▶ **To do**: Give the lines below again exactly, starting with the line that holds "on_both f _ _ = none" and going on through the line that holds "quotient a (pos b) = div_ℕ (a *ℤ pos scale) b".

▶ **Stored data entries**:
◆ ◆ ◆ ◆
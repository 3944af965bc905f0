-- ===== src/Float/Fixed.antt =====
-- A concrete number type with which the definitions run: whole millionths, and `none` for NaN.
use kaivuriprokkis.Prelude.{
  ℕ, suc, ◌+◌, ◌/◌, ◌%◌, ◌^◌, ◌==◌, Bool, false, Option, none, some, arith, if◌then◌else◌,
}
use kaivuriprokkis.Prelude.Int.{
  ℤ, pos, negsuc, pos_part, neg_part, ◌+ℤ◌, ◌-ℤ◌, ◌*ℤ◌, ltb_ℤ, leb_ℤ, eqb_ℤ,
}
use kaivuriprokkis.Float.Class.{Float, IsOrdered, IsArithmetic}

abbrev pub Fixed : Type 0
Fixed = Option ℤ

abbrev scale : ℕ
scale = 1_000_000

-- a / n, rounded toward zero
abbrev div_ℕ : ℤ → ℕ → ℤ
div_ℕ (pos a) n = pos (a / n)
div_ℕ (negsuc a) n = pos 0 -ℤ pos (suc a / n)

abbrev on_both : (ℤ → ℤ → ℤ) → Fixed → Fixed → Fixed
on_both f (some a) (some b) = some (f a b)
on_both f _ _ = none

abbrev on_one : (ℤ → ℤ) → Fixed → Fixed
on_one f (some a) = some (f a)
on_one f none = none

abbrev test : (ℤ → ℤ → Bool) → Fixed → Fixed → Bool
test f (some a) (some b) = f a b
test f _ _ = false

abbrev negate : ℤ → ℤ
negate a = pos 0 -ℤ a

abbrev quotient : ℤ → ℤ → ℤ
quotient a (pos b) = div_ℕ (a *ℤ pos scale) b
quotient a (negsuc b) = negate (div_ℕ (a *ℤ pos scale) (suc b))

abbrev truncate : Fixed → ℤ
truncate (some a) = div_ℕ a scale
truncate none = pos 0

abbrev is_whole : Fixed → Bool
is_whole (some a) = pos_part a % scale + neg_part a % scale == 0
is_whole none = false

-- `pow` and `sin` are stand-ins: no law mentions them.
instance abbrev pub fixed_float : Float Fixed
fixed_float = record {
  lit = λ m e. some (div_ℕ (m *ℤ pos scale) (10 ^ e));
  of_int = λ n. some (n *ℤ pos scale);
  trunc = truncate;
  is_integer = is_whole;
  add = on_both ◌+ℤ◌;
  sub = on_both ◌-ℤ◌;
  mul = on_both λ a b. div_ℕ (a *ℤ b) scale;
  div = on_both quotient;
  neg = on_one negate;
  abs = on_one λ a. if ltb_ℤ a (pos 0) then negate a else a;
  pow = λ x y. x;
  sin = λ x. on_one (λ a. pos 0) x;
  lt = test ltb_ℤ;
  le = test leb_ℤ;
  eqb = test eqb_ℤ;
}

pub Fixed-IsOrdered : IsOrdered Fixed
unfolding ◌*ℤ◌ ◌-ℤ◌
Fixed-IsOrdered = ground arith

pub Fixed-IsArithmetic : IsArithmetic Fixed
unfolding ◌*ℤ◌ ◌-ℤ◌ ◌+ℤ◌
Fixed-IsArithmetic = ground arith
◆ ◆ ◆ ◆
▶ **Solution to this exercise**:
on_both f _ _ = none

abbrev on_one : (ℤ → ℤ) → Fixed → Fixed
on_one f (some a) = some (f a)
on_one f none = none

abbrev test : (ℤ → ℤ → Bool) → Fixed → Fixed → Bool
test f (some a) (some b) = f a b
test f _ _ = false

abbrev negate : ℤ → ℤ
negate a = pos 0 -ℤ a

abbrev quotient : ℤ → ℤ → ℤ
quotient a (pos b) = div_ℕ (a *ℤ pos scale) b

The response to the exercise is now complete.